Virtual reality use cases have greatly matured over the past few years. VR has gone from an experimental technology to something that’s transforming the way enterprises work.
A large portion of the industry has moved past proof of concept into real world applications. A Grid Raster survey this spring found that 56 percent of executives said they had already implemented virtual or augmented reality, and 27 percent had fully deployed their solution and were looking to scale it up.
Training in particular has been one of the most successful use cases for virtual reality. PricewaterhouseCoopers found VR training was four times faster than classroom learning, Boeing uses VR to train their astronauts for space missions, and Volkswagen reported that training times were reduced by 50 percent using VR.
VR makes learning from PowerPoint slides and videos look outdated in comparison.
But once the initial proof of concept is successful, how do you show that the training program is still effective after it is scaled up?
This is where a lot of companies struggle because they don’t have a way to scale assessment and prove out value throughout the organization.
In this article I’ll highlight our experience working with a medium-sized power utility company in the US, the challenges they faced and how they overcame them.
The utility company was looking for a better way to prepare employees for the dangers of the job and turned to VR.
For the initial proof of concept, they designed a safety compliance scenario for Lock Out, Tag Out, a safety procedure used in industry and research settings to ensure that dangerous machines are properly shut off and not able to be started up again prior to the completion of maintenance or repair work.
Qualitatively, the new VR training program was a success. The employees were engaged and loved how realistic the VR experience felt.
However, issues arose when the training managers wanted to dig deeper into the assessment. During the sessions, they noticed some of the employees did extra steps for safety that weren’t included in the baseline assessment. They wanted to include these steps to the baseline and see how compliant employees were — but they couldn’t add the steps without reshipping a new build — building and distributing a new VR training — because they hard-coded assessments directly into the VR experience.
Then, a funnel was created through Unity Analytics to evaluate how many employees completed the original baseline steps. The specific assessment was based on the VR experience they designed, and this approach made it difficult to change their assessments based on new information or requirements. Completion was only qualified based on previously established criteria.
Management realized this wasn’t scalable. They didn’t want to ship a new build every time they tested something new or asked an additional question. VR training is an iterative process and a flexible system was necessary to proceed past the exploratory phase. They needed a solution that was robust enough to be scaled throughout the organization.
A new approach to assessment in VR training
The utility company took a new approach towards assessment. Instead of predetermining the outcomes, they looked holistically at the behavior and captured data. Using sensors from the VR headset and biometrics, they captured eye tracking, 3D positioning and controller actions.
Training managers were able to see exactly when something was interacted with or seen, and 3D environments like VR also gave them the ability to automatically subscribe metrics to objects.
For example, one of the training steps involved connecting the “Tag Lock” to the breaker box. During training, some employees took longer than others to locate it. With the new approach, the training managers could see exactly how long it took employees to find it. Data was collected for every stimuli, tool or hazard in the VR training experience.
By collecting the data beforehand and processing assessments in the cloud, edits could be made to the assessment whenever they needed to based on different new information. This opened up new possibilities because they were able to iterate much quicker.
There was no need to reship the experience every time they learned something new. Instead, they could retroactively evaluate behavior when they had more questions. This alternative approach provided the scalability they needed to iterate faster and more effectively.
But once they established a better system for measurement, they needed somewhere to store and keep track of all the data.
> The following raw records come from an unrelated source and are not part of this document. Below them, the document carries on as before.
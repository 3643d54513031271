-- ===== src/Hash/Tests.antt =====
-- The table of src/emi_hash.c at small tables.
use emilib.Prelude.{◌≡◌, refl, true, false, not, none, some, [], ◌∷◌, arith, ◌==◌, if◌then◌else◌}
use emilib.Hlist.{
  first, update, init_hlist_head, init_hlist_node, hlist_add_head, hlist_unlink, hlist_del_init,
}
use emilib.Hlist.Chain.{Chain}
use emilib.Hlist.Del.{erase, hlist_del_init-Chain}
use emilib.Hash.{
  hash32, MsgTable, msg_map_init, emi_hinsert, emi_hdelete, free_msg_map, init_heads,
  init_msg_table, find_pid, emi_hinsert_unique_lock, count_receivers,
}
use emilib.Hash.Table.{
  Entries, IsTable, init_msg_table-IsTable, emi_hinsert-IsTable, emi_hdelete-IsTable,
}
use emilib.Hash.Insert.{
  taken, HasUniquePids, entries_after, table_after, emi_hinsert_unique_lock_lem,
}

program : Unit {0}
unfolding hash32 msg_map_init emi_hinsert emi_hdelete free_msg_map init_heads init_msg_table
    find_pid emi_hinsert_unique_lock count_receivers init_hlist_head init_hlist_node hlist_add_head
    hlist_unlink hlist_del_init
program = tt

-- entry 5 is for message 1 and process 70, entry 6 for message 234 and the same process, entry 7 for
-- message 1 and process 80
abbrev raw : MsgTable
raw = record {
  lists = record { firsts = λ b. some 9; nexts = λ n. some 9; pprevs = λ n. none };
  msg = λ a. if a == 6 then 234 else 1;
  pid = λ a. if a == 7 then 80 else 70;
}

abbrev empty : MsgTable
empty = init_msg_table raw

abbrev no_entries : Entries
no_entries b = []

empty-IsTable : IsTable empty no_entries
empty-IsTable = init_msg_table-IsTable raw

no_entries-HasUniquePids : HasUniquePids empty no_entries
no_entries-HasUniquePids = record { unique = λ b a c h m k q. cc }

hash_run : hash32 1 ≡ 158
unfolding program
hash_run = refl

-- message 234 is of the bucket of message 1, so entry 6 is refused for the process of entry 5
abbrev one : MsgTable
one = emi_hinsert empty 5

other_message_refused : emi_hinsert_unique_lock 9 one 6 ≡ some (false, one)
unfolding program
other_message_refused = refl

other_process_taken : emi_hinsert_unique_lock 9 one 7 ≡ some (true, emi_hinsert one 7)
unfolding program
other_process_taken = refl

abbrev one_entry : Entries
one_entry = update no_entries (hash32 (empty.msg 5)) (5 ∷ [])

one-IsTable : IsTable one one_entry
one-IsTable = emi_hinsert-IsTable empty no_entries 5 empty-IsTable (λ b h. refl)

hlist_del_init-Chain_example : Chain (hlist_del_init one.lists 5) (first 158) (erase 5 (5 ∷ []))
unfolding program
hlist_del_init-Chain_example =
    hlist_del_init-Chain one.lists (first 158) (5 ∷ []) 5 refl (refl, refl, refl, refl) refl

emi_hdelete-IsTable_example :
    IsTable (emi_hdelete one 5) (update one_entry 158 (erase 5 (one_entry 158)))
unfolding program
emi_hdelete-IsTable_example = emi_hdelete-IsTable one one_entry 158 5 one-IsTable (omega arith) refl

emi_hinsert_unique_lock_example :
    let refused = taken empty 70 [] in
    (emi_hinsert_unique_lock 1 empty 5 ≡ some (not refused, table_after refused empty 5))
    × IsTable (table_after refused empty 5) (entries_after refused empty no_entries 5)
    × HasUniquePids (table_after refused empty 5) (entries_after refused empty no_entries 5)
unfolding program
emi_hinsert_unique_lock_example =
    emi_hinsert_unique_lock_lem 1 empty no_entries 5 empty-IsTable no_entries-HasUniquePids
      (λ b h. refl) (omega arith)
The utility company already had substantial training programs to ensure their workforce was trained and retrained at the appropriate cadence. They used a learning management system to manage, track and distribute all the training activities to the workforce. It was a major investment and included a large number of traditional training activities, such as video-based courses, audio, manuals, and tests.
VR became a portion of their overall learning and development program and needed to be integrated to the learning management system through an experience application programming interface. This is an industry API standard for activity providers to transmit results to a learning management system, and they turned to this standard to transmit employee performance in their VR training into the learning management system, which then tracks and understands the employees’ progress.